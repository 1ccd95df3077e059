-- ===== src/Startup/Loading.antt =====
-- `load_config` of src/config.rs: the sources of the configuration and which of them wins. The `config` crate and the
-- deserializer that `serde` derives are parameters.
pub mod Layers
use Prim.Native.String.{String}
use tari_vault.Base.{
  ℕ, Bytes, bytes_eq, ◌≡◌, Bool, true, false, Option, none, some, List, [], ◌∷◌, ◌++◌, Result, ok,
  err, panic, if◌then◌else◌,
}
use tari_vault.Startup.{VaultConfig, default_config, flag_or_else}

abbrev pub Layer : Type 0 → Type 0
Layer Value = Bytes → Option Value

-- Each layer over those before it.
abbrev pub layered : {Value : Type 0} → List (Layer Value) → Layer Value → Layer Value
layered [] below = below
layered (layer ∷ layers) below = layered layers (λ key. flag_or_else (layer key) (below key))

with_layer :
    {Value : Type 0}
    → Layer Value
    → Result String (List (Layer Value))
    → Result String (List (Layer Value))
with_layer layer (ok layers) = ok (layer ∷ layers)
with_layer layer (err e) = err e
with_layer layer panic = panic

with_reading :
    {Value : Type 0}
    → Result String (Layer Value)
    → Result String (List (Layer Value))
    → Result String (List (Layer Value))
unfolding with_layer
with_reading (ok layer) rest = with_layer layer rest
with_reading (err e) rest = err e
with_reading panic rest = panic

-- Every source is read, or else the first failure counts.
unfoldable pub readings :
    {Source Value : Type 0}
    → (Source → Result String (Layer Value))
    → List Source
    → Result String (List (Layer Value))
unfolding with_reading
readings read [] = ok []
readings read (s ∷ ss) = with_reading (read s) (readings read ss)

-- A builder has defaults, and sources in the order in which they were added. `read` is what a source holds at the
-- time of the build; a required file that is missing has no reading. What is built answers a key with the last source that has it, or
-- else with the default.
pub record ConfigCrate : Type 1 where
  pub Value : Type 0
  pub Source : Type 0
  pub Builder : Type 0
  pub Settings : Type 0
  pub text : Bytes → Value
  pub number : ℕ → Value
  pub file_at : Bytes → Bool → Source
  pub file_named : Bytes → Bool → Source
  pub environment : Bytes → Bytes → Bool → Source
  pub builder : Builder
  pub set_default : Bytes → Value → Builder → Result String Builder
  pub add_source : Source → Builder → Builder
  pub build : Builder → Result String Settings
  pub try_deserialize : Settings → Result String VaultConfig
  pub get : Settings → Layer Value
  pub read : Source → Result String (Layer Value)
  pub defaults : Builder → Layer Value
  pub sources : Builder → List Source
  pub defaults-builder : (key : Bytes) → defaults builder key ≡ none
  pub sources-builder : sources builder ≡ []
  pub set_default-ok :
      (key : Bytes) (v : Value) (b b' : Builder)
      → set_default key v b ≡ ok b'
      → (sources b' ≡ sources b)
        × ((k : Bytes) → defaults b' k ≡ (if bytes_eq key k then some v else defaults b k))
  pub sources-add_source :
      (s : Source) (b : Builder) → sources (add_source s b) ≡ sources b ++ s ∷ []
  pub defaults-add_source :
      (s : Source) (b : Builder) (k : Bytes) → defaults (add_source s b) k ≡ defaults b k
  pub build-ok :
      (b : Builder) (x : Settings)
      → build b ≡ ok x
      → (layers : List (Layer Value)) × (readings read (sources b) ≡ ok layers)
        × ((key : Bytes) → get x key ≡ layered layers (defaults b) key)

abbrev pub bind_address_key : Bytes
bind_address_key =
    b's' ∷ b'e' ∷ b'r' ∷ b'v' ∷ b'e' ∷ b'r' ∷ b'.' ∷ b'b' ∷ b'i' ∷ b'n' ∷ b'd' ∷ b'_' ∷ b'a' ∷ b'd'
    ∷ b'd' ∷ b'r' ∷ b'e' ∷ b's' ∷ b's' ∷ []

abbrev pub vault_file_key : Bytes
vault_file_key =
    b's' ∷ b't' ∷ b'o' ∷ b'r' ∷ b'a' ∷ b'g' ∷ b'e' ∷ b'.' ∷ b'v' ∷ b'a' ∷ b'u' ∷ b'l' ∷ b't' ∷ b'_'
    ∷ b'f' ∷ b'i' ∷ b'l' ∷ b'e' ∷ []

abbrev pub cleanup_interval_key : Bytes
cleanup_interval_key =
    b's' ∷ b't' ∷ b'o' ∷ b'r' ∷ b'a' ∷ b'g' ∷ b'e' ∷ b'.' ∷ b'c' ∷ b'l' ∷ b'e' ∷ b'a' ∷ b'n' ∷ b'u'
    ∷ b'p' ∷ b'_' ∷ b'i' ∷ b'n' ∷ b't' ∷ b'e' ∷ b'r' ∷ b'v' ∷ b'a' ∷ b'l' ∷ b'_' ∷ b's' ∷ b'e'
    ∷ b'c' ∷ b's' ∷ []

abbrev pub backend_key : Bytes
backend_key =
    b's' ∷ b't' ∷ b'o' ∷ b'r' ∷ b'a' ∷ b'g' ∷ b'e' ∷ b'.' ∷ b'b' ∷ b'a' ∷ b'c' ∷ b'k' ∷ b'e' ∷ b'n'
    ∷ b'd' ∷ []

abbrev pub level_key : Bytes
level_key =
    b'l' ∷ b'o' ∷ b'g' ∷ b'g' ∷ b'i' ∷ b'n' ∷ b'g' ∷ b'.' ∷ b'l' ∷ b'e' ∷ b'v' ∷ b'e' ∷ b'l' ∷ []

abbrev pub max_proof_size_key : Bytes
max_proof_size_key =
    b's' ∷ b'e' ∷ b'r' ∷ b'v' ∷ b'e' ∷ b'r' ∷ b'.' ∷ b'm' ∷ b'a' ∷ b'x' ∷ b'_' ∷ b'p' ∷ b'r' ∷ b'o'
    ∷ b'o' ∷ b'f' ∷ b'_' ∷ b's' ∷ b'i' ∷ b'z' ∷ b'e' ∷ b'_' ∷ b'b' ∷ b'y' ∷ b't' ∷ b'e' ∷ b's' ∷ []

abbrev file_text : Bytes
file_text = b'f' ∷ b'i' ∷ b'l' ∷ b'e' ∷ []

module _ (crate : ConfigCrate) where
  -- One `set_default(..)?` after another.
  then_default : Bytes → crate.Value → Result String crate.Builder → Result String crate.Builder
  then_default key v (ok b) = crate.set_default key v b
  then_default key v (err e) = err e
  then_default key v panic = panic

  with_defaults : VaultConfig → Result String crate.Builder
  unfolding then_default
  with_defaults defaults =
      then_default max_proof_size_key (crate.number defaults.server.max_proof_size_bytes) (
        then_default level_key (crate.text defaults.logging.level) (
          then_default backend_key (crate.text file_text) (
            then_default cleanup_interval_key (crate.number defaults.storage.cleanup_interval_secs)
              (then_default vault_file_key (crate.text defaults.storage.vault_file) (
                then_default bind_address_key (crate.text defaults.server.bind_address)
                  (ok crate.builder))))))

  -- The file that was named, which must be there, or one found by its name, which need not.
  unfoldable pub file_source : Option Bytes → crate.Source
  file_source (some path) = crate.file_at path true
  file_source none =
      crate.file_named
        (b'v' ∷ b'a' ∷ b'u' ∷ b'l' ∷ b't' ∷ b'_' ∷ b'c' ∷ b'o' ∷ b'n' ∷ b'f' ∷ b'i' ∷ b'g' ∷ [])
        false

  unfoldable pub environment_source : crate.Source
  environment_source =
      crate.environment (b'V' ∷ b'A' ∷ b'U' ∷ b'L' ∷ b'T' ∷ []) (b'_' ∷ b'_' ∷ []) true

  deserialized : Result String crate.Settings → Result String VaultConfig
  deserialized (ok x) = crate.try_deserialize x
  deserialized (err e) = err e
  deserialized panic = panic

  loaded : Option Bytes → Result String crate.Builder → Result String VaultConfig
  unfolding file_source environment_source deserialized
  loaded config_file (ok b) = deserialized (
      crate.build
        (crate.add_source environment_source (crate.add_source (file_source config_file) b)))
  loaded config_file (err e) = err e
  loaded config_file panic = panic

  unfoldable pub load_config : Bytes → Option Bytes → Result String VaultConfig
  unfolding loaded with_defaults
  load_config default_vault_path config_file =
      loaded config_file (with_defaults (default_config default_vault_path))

= = = = = = =

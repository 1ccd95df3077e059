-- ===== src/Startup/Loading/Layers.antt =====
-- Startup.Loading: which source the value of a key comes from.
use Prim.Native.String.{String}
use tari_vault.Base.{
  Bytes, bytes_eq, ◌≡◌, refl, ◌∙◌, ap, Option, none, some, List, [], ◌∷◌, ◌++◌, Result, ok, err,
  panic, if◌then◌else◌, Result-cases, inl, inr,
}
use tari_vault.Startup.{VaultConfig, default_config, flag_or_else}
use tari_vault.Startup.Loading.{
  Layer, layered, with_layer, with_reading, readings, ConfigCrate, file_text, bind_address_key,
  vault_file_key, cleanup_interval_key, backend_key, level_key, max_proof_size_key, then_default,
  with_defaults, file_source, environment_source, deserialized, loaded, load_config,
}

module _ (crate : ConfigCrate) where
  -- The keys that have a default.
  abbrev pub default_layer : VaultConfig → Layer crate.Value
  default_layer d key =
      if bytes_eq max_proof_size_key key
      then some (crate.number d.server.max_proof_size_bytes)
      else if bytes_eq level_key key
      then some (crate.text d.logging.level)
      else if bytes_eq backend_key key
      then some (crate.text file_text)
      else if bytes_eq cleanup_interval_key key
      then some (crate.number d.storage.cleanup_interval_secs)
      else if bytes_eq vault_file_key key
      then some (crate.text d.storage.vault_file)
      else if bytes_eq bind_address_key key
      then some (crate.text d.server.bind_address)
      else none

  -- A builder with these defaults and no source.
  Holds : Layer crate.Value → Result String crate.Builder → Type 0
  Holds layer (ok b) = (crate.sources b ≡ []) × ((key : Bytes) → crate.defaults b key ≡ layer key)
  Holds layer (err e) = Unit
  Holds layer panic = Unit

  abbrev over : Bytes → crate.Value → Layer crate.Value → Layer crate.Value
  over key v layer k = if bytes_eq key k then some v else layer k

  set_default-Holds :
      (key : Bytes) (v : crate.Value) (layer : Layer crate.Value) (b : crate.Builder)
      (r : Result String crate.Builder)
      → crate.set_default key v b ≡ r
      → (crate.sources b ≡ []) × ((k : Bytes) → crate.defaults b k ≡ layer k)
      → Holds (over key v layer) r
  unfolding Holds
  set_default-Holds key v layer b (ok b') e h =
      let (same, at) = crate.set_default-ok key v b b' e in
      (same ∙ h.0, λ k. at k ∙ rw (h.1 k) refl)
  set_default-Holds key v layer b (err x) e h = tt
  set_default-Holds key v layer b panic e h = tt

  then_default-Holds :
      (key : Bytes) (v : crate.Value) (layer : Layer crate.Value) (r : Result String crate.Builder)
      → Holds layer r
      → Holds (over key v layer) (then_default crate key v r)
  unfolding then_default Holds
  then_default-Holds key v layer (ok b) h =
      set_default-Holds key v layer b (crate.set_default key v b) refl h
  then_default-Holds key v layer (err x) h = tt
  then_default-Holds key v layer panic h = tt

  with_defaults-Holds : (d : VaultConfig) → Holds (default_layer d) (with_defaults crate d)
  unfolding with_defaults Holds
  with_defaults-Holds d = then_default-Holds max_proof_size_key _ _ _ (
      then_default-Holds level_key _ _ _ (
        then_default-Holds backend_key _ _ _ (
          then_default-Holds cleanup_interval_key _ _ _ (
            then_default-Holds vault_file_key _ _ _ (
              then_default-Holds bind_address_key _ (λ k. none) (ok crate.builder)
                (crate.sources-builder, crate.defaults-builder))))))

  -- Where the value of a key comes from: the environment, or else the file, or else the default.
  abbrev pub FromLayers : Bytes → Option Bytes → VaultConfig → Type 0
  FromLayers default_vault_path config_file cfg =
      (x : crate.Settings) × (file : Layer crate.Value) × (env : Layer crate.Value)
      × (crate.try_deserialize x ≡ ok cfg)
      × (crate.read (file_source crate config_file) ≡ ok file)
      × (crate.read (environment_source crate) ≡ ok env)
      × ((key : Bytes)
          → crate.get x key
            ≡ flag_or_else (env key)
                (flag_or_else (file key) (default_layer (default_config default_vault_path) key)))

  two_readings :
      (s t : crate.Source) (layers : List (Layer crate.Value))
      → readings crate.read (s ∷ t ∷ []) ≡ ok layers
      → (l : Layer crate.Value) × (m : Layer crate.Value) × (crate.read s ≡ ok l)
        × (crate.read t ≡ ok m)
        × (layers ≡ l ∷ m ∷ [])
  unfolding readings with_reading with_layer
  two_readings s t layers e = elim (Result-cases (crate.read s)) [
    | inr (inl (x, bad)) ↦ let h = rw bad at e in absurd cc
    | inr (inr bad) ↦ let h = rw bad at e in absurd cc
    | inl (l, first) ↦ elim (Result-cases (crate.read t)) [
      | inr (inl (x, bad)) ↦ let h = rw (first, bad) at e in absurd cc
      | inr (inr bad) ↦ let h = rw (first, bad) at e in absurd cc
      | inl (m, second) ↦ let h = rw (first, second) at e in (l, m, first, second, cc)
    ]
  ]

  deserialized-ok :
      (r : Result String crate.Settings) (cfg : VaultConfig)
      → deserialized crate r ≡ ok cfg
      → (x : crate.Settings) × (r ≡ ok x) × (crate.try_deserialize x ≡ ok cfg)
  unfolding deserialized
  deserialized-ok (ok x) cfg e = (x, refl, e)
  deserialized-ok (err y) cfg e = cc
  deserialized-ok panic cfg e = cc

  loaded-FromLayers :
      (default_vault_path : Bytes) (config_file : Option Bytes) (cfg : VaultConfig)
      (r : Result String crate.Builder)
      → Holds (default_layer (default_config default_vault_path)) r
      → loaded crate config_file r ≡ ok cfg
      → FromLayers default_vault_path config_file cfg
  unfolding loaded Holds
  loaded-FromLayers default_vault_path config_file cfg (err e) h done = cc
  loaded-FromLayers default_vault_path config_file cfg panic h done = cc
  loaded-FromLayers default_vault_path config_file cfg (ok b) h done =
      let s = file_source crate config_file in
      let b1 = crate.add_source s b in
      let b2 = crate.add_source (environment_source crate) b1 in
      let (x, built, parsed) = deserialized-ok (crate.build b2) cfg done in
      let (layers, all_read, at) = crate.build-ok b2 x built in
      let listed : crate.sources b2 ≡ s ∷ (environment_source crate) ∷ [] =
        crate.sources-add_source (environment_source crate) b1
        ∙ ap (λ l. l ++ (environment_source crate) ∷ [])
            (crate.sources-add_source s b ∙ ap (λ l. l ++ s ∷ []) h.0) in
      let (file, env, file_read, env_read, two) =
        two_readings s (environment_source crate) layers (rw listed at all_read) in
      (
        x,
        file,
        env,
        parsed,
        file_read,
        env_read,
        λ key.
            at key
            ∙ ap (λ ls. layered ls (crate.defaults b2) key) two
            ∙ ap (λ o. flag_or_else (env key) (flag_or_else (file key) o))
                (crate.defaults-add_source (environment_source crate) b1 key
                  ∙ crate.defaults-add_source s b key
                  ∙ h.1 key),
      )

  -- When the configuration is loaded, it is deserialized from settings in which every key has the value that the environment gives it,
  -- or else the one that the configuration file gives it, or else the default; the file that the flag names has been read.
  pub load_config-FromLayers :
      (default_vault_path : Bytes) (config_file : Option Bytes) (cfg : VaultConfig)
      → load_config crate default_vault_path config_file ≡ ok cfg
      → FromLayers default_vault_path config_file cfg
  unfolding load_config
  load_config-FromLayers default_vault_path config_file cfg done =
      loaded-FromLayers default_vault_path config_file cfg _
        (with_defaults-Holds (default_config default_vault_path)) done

= = = = = = =

**ACTIVITY**
Using the entries above, output exactly the lines between the line holding "deserialized (ok x)" and the line holding "loaded config_file (with_defaults", end lines included, and nothing more.

**OUTPUT OF THE TASK**
  deserialized (ok x) = crate.try_deserialize x
  deserialized (err e) = err e
  deserialized panic = panic

  loaded : Option Bytes → Result String crate.Builder → Result String VaultConfig
  unfolding file_source environment_source deserialized
  loaded config_file (ok b) = deserialized (
      crate.build
        (crate.add_source environment_source (crate.add_source (file_source config_file) b)))
  loaded config_file (err e) = err e
  loaded config_file panic = panic

  unfoldable pub load_config : Bytes → Option Bytes → Result String VaultConfig
  unfolding loaded with_defaults
  load_config default_vault_path config_file =
      loaded config_file (with_defaults (default_config default_vault_path))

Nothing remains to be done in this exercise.